Après quelques heures, les affrontements se sont apparemment calmés, mais on entendait encore des tirs sporadiques.
Le commandant Tom Holloway, porte-parole militaire britannique, a déclaré que l'opération avait débuté par un bombardement nourri mené par l'aviation américaine et l'artillerie britannique "afin de donner une démonstration de la puissance de tir disponible si nécessaire".
Il a précisé que le bombardement visait un terrain vague et se voulait la plus grande démonstration de force des Occidentaux depuis que les forces gouvernementales ont déclenché fin mars leur campagne contre la milice de Sadr.
"Selon nos informations initiales, oui, il y a eu des combats, mais il s'agissait d'escarmouches isolées", a-t-il dit.
On ne dispose dans l'immédiat d'aucune précision sur les éventuelles victimes.
Un correspondant de Reuters à Nassiriya, autre chef-lieu de province du sud, a aussi fait état dans une ville voisine d'affrontements entre forces gouvernementales et miliciens de l'Armée du Mahdi. Un couvre-feu a été imposé.
La répression lancée fin mars par Maliki contre l'Armée du Mahdi à Bassorah n'a pas réussi à faire disparaître la milice des rues et elle a provoqué des affrontements dans les bastions tenus par des hommes de Sadr, dans le sud du pays ainsi qu'à Bagdad.
Le Premier ministre, qui est lui aussi de confession chiite, a menacé d'exclure le mouvement de Sadr de la vie politique s'il ne démantèle pas sa milice.

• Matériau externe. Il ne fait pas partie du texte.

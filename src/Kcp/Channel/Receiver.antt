-- ===== src/Kcp/Channel/Receiver.antt =====
-- The steps of the receiver's half.
use gzv2ray_v.Kcp.Go.{sub_u32}
use gzv2ray_v.Buf.{bytes}
use mathlib.Core.Path.{subst}
use gzv2ray_v.Kcp.Segment.{DataSegment}
use gzv2ray_v.Kcp.Receiving.{ReceivingWorker}
use gzv2ray_v.Prelude.{
  ℕ, true, inl, inr, arith, Bool-cases, List, ◌<◌, ◌≡◌, ◌++◌, leb, ltb, ◌^◌, All-imp, sym,
}
use gzv2ray_v.Kcp.Channel.{Channel, ReceivingWorker, DataSegment, bytes}
use gzv2ray_v.Kcp.Receiving
use gzv2ray_v.Kcp.Channel.Reliable.{IsReliable, ReceiverStep}
use gzv2ray_v.Kcp.Receiving.Received.{
  IsReceived, IsWithin, Holds, process_segment-Keeps, read-Keeps, read_multi_buffer-Keeps,
  read-acklist, read_multi_buffer-acklist, has-set,
}
use gzv2ray_v.Kcp.Receiving.Acks.{process_segment-Notes, process_sending_next-Notes}
use gzv2ray_v.Kcp.Receiving.Stream.{InOrder, process_segment-InOrder}
use gzv2ray_v.Kcp.Receiving.Unwrapped.{read_multi_buffer-InOrder, read-InOrder_exact}
use gzv2ray_v.Kcp.Sending.Written.{IsFrom}

-- A number that has arrived is below those that the sender gave.
pub received_below :
    (hi : ℕ) (w : ReceivingWorker) → IsWithin hi w → (n : ℕ) → IsReceived w n → n < hi
received_below hi w v n h = ground (arith, v.held n)

process_segment-next :
    (w : ReceivingWorker) (seg : DataSegment)
    → (Receiving.process_segment w seg).next_number ≡ w.next_number
unfolding Receiving.process_segment
process_segment-next w seg =
    elim (Bool-cases (leb w.window_size (sub_u32 seg.number w.next_number))) [
      | inl e ↦ rw e
      | inr e ↦ rw e
    ]

-- A segment that the window takes has arrived.
process_segment-arrives :
    (w : ReceivingWorker) (seg : DataSegment)
    → ltb (sub_u32 seg.number w.next_number) w.window_size ≡ true
    → IsReceived (Receiving.process_segment w seg) seg.number
unfolding Receiving.process_segment
process_segment-arrives w seg h =
    elim (Bool-cases (leb w.window_size (sub_u32 seg.number w.next_number))) [
      | inl e ↦ absurd (ground arith)
      | inr e ↦ rw e (ground (arith, has-set w.window seg.number seg.number seg))
    ]

IsWithin-Keeps : (hi : ℕ) (w w' : ReceivingWorker) → Holds hi w w' → IsWithin hi w'
IsWithin-Keeps hi w w' k = record { read_le = k.bounded; held = k.below }

module _ (sent : ℕ → List ℕ) (s : Channel) (v : IsReliable sent s) where
  limit : s.sender.next_number < 2 ^ 32
  limit = v.sends.valid.no_wrap

  -- A step that adds no number to acknowledge.
  silent :
      (w : ReceivingWorker) (got : List ℕ)
      → InOrder sent w.next_number got w
      → Holds s.sender.next_number s.receiver w
      → w.acklist ≡ s.receiver.acklist
      → ReceiverStep sent s w got
  silent w got i k same = record {
    receives = record {
      in_order = i;
      within = IsWithin-Keeps s.sender.next_number s.receiver w k;
      notes = rw same (record {
        aligned = v.receives.notes.aligned;
        numbers =
            All-imp (IsReceived s.receiver) (IsReceived w) k.stays s.receiver.acklist.numbers
              v.receives.notes.numbers;
      });
    };
    holds = k;
  }

  pub segment_arrives-ReceiverStep :
      (seg : DataSegment)
      → IsFrom sent s.sender.next_number seg
      → ReceiverStep sent s (Receiving.process_segment s.receiver seg) s.got
  segment_arrives-ReceiverStep seg f =
      let w' = Receiving.process_segment s.receiver seg in
      let k =
        process_segment-Keeps s.sender.next_number s.receiver limit v.receives.within seg f.1 in
      record {
        receives = record {
          in_order =
              subst (λ n. InOrder sent n s.got w') (sym (process_segment-next s.receiver seg))
                (process_segment-InOrder sent s.receiver.next_number s.got s.receiver seg
                  v.receives.in_order f.0);
          within = IsWithin-Keeps s.sender.next_number s.receiver w' k;
          notes =
              process_segment-Notes (IsReceived w') s.receiver seg
                (process_segment-arrives s.receiver seg)
                (record {
                  aligned = v.receives.notes.aligned;
                  numbers =
                      All-imp (IsReceived s.receiver) (IsReceived w') k.stays
                        s.receiver.acklist.numbers v.receives.notes.numbers;
                });
        };
        holds = k;
      }

  pub reads_all-ReceiverStep :
      let (w, mb) = Receiving.read_multi_buffer s.receiver in
      ReceiverStep sent s w (s.got ++ bytes mb)
  reads_all-ReceiverStep =
      silent (Receiving.read_multi_buffer s.receiver).0
        (s.got ++ bytes (Receiving.read_multi_buffer s.receiver).1)
        (read_multi_buffer-InOrder sent s.sender.next_number s.got s.receiver limit
          v.receives.within v.receives.in_order)
        (read_multi_buffer-Keeps s.sender.next_number s.receiver limit v.receives.within)
        (read_multi_buffer-acklist s.receiver)

  pub reads-ReceiverStep :
      (n : ℕ) → let (w, b) = Receiving.read s.receiver n in ReceiverStep sent s w (s.got ++ b)
  reads-ReceiverStep n =
      silent (Receiving.read s.receiver n).0 (s.got ++ (Receiving.read s.receiver n).1)
        (read-InOrder_exact sent s.sender.next_number s.got s.receiver limit v.receives.within
          v.receives.in_order n)
        (read-Keeps s.sender.next_number s.receiver limit v.receives.within n)
        (read-acklist s.receiver n)

  pub sending_next-ReceiverStep :
      (n : ℕ) → ReceiverStep sent s (Receiving.process_sending_next s.receiver n) s.got
  unfolding Receiving.process_sending_next
  sending_next-ReceiverStep n = record {
    receives = record {
      in_order = record {
        next = v.receives.in_order.next;
        from = v.receives.in_order.from;
        delivered = v.receives.in_order.delivered;
      };
      within = record { read_le = v.receives.within.read_le; held = v.receives.within.held };
      notes = process_sending_next-Notes (IsReceived s.receiver) s.receiver n v.receives.notes;
    };
    holds = record {
      forward = omega arith;
      bounded = v.receives.within.read_le;
      stays = λ m h. h;
      below = v.receives.within.held;
    };
  }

Sadr a réagi en menaçant à son tour de révoquer le cessez-le-feu qu'il a imposé en août dernier à l'Armée du Mahdi, ce qui risquerait de déclencher un soulèvement généralisé.

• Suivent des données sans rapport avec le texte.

-- ===== src/Kcp/Channel/Sender.antt =====
-- The steps of the sender's half.
use mathlib.Core.Path.{subst}
use gzv2ray_v.Kcp.Go.{IsU32}
use gzv2ray_v.Kcp.Segment.{DataSegment, AckSegment}
use gzv2ray_v.Kcp.Sending.{SendingWorker}
use gzv2ray_v.Prelude.{
  ℕ, suc, true, inl, inr, none, some, arith, [], Bool-cases, ◌∷◌, List, ◌≡◌, Bool, ◌≤◌, ◌<◌, ltb,
  All, ◌++◌, leb, ◌^◌, ◌⊎◌, All-append, All-imp, ◌+◌, ◌∙◌, sym, refl, ◌==◌, ap, ==_iff,
}
use gzv2ray_v.Kcp.Channel.{Channel, SendingWorker, DataSegment, AckSegment}
use gzv2ray_v.Kcp.Sending
use gzv2ray_v.Kcp.SendingWindow
use gzv2ray_v.Kcp.Channel.Reliable.{IsReliable, SenderStep, IsTrue}
use gzv2ray_v.Kcp.Channel.Receiver.{received_below}
use gzv2ray_v.Kcp.Receiving.Received.{IsReceived}
use gzv2ray_v.Kcp.Sending.Reliable.{
  IsValid, waits, contains, waits-process_receiving_next, process_receiving_next-IsValid,
}
use gzv2ray_v.Kcp.Sending.Written.{
  IsFrom, flush-IsFrom, flush-Same, process_segment-Same, process_receiving_next-Same,
}
use gzv2ray_v.Kcp.Sending.Acknowledge.{
  push-keeps, process_segment-acknowledges, pushed, push_closed, push_full, push_open,
}
use gzv2ray_v.Kcp.Sending.Control.{flush-sends}

push-closed : (w : SendingWorker) (b : List ℕ) → (Sending.push w b).0.closed ≡ w.closed
unfolding pushed
push-closed w b = elim (Bool-cases w.closed) [
  | inl c ↦ rw (push_closed w b c) refl
  | inr o ↦ elim (Bool-cases (ltb w.window_size (SendingWindow.len w.window))) [
    | inl full ↦ rw (push_full w b o full) refl
    | inr room ↦ rw (push_open w b o room) refl
  ]
]

contains_All {κ} : (Q : ℕ → Type κ) (ns : List ℕ) (n : ℕ) → All Q ns → contains ns n ≡ true → Q n
contains_All Q [] n h c = cc c
contains_All Q (x ∷ ns) n h c = elim (Bool-cases (x == n)) [
  | inl e ↦ subst Q ((==_iff x n).0 e) h.0
  | inr e ↦ contains_All Q ns n h.1 (rw e at c)
]

module _ (sent : ℕ → List ℕ) (s : Channel) (v : IsReliable sent s) where
  -- A step that neither gives a number nor keeps what it should not.
  settled_step :
      (w : SendingWorker) (segments : List DataSegment)
      → IsValid w
      → (w.next_number ≡ s.sender.next_number) × (w.closed ≡ s.sender.closed)
      → All (IsFrom sent s.sender.next_number) segments
      → ((n : ℕ) (b : List ℕ) → waits n w ≡ some b → waits n s.sender ≡ some b)
      → ((n : ℕ) → waits n w ≡ none → (waits n s.sender ≡ none) ⊎ IsReceived s.receiver n)
      → SenderStep sent s w segments
  settled_step w segments valid same written old gone = record {
    sends = record {
      valid = valid;
      is_open = same.1 ∙ v.sends.is_open;
      pushed = λ n b e. v.sends.pushed n b (old n b e);
      written =
          All-imp (IsFrom sent s.sender.next_number) (IsFrom sent w.next_number)
            (λ x h. (h.0, omega (arith, h.1, same.0))) segments written;
    };
    grows = omega (arith, same.0);
    kept = λ n l e. elim (gone n e) [ inl k ↦ v.kept n (omega (arith, l, same.0)) k | inr r ↦ r ];
  }

  pub sender_flushes-SenderStep :
      (congestion : Bool) (size rto conv : ℕ) (closing : Bool) (current : ℕ)
      → let (w, written, ping) = Sending.flush congestion size rto conv closing s.sender current in
        SenderStep sent s w (s.segments ++ written)
  sender_flushes-SenderStep congestion size rto conv closing current =
      let f =
        flush-sends congestion size rto conv closing s.sender current v.sends.valid
          v.sends.is_open in
      settled_step (Sending.flush congestion size rto conv closing s.sender current).0
        (s.segments ++ (Sending.flush congestion size rto conv closing s.sender current).1) f.0
        (flush-Same congestion size rto conv closing s.sender current v.sends.is_open)
        (All-append (IsFrom sent s.sender.next_number) s.segments
          (Sending.flush congestion size rto conv closing s.sender current).1 v.sends.written
          (flush-IsFrom sent congestion size rto conv closing s.sender current v.sends.valid
            v.sends.is_open v.sends.pushed))
        (λ n b e. sym (f.1 n) ∙ e) (λ n e. inl (sym (f.1 n) ∙ e))

  pub una_arrives-SenderStep :
      (una : ℕ)
      → una ≤ s.receiver.next_number
      → SenderStep sent s (Sending.process_receiving_next s.sender una) s.segments
  una_arrives-SenderStep una le =
      settled_step (Sending.process_receiving_next s.sender una) s.segments
        (process_receiving_next-IsValid s.sender una v.sends.valid)
        (process_receiving_next-Same s.sender una) v.sends.written
        (λ n b e. ground (arith, waits-process_receiving_next n s.sender una v.sends.valid, e))
        (λ n e. elim (Bool-cases (leb una n)) [
          | inl k ↦ inl (rw (waits-process_receiving_next n s.sender una v.sends.valid, k) at e)
          | inr k ↦ inr (ground arith)
        ])

  pub ack_arrives-SenderStep :
      (a : AckSegment) (current rto : ℕ)
      → IsTrue s.receiver a
      → SenderStep sent s (Sending.process_segment s.sender current a rto).0 s.segments
  ack_arrives-SenderStep a current rto t =
      let p = process_segment-acknowledges s.sender current a rto v.sends.valid v.sends.is_open (
        All-imp (IsReceived s.receiver) IsU32
          (λ n h. below n (received_below s.sender.next_number s.receiver v.receives.within n h))
          a.number_list t.0) in
      settled_step (Sending.process_segment s.sender current a rto).0 s.segments p.0
        (process_segment-Same s.sender current a rto v.sends.is_open) v.sends.written
        (λ n b e. ground (arith, p.1 n, e))
        (λ n e. elim (Bool-cases (ltb n a.receiving_next)) [
          | inl k ↦ inr (ground (arith, t.1))
          | inr k ↦ elim (Bool-cases (contains a.number_list n)) [
            | inl c ↦ inr (contains_All (IsReceived s.receiver) a.number_list n t.0 c)
            | inr c ↦ inl (ground (arith, p.1 n))
          ]
        ])
    where
      below : (n : ℕ) → n < s.sender.next_number → n < 2 ^ 32
      below n h = omega (arith, h, v.sends.valid.no_wrap)

  pub pushes-SenderStep :
      suc s.sender.next_number < 2 ^ 32
      → s.sender.next_number < s.sender.first_unacknowledged + 0x7FFFFFFF
      → SenderStep sent s (Sending.push s.sender (sent s.sender.next_number)).0 s.segments
  pushes-SenderStep h1 h2 =
      let w = s.sender in
      let b = sent w.next_number in
      let p = push-keeps w b v.sends.valid h1 h2 in
      elim (Bool-cases (Sending.push w b).1) [
        | inl yes_ ↦ record {
          sends = record {
            valid = p.1;
            is_open = push-closed w b ∙ v.sends.is_open;
            pushed = λ n c e. elim (Bool-cases (w.next_number == n)) [
              | inl k ↦ new_payload n c ((==_iff w.next_number n).0 k) (ground (arith, p.2 n))
              | inr k ↦ v.sends.pushed n c (ground (arith, p.2 n))
            ];
            written =
                All-imp (IsFrom sent w.next_number) (IsFrom sent (Sending.push w b).0.next_number)
                  (λ x k. (k.0, ground (arith, k.1, p.3))) s.segments v.sends.written;
          };
          grows = ground (arith, p.3);
          kept = λ n l e. elim (Bool-cases (w.next_number == n)) [
            | inl k ↦ absurd (ground (arith, p.2 n))
            | inr k ↦ v.kept n (ground (arith, p.3)) (ground (arith, p.2 n))
          ];
        }
        | inr no_ ↦
            settled_step (Sending.push w b).0 s.segments p.1 (rw no_ at p.3, push-closed w b)
              v.sends.written (λ n c e. ground (arith, p.2 n)) (λ n e. inl (ground (arith, p.2 n)))
      ]
    where
      new_payload :
          (n : ℕ) (c : List ℕ)
          → s.sender.next_number ≡ n
          → c ≡ sent s.sender.next_number
          → c ≡ sent n
      new_payload n c k e = e ∙ ap sent k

De violents affrontements ont aussi éclaté vendredi soir à Sadr City, un faubourg défavorisé de l'est de Bagdad, principale base de pouvoir de l'imam dans la capitale.
L'opération contre la milice chiite a constitué jusqu'ici la principale mise à l'épreuve des forces gouvernementales irakiennes, surtout dans le sud où elles ont été en première ligne où les forces américaines sont peu nombreuses et où les forces britanniques sont regroupées dans une seule base, à Bassorah.
Les responsables militaires américains ont estimé que l'opération de mars à bassorah avait été mal préparée et lancée trop brusquement. Le gouvernement a limogé 1.300 soldats et policiers pour avoir refusé de combattre.
Mais ces dernirèes semaines, les forces gouvernementales ont progressé plus lentement dans les zones sous contrôle de la milice, arrêtant des responsables de l'Armée du Mehdi tout en évitant en grande partie les batailles de rue.
Lundi, elles ont enregistré un succès en délivrant un journaliste au cours d'un raid dans une maison où il était retenu par des activistes.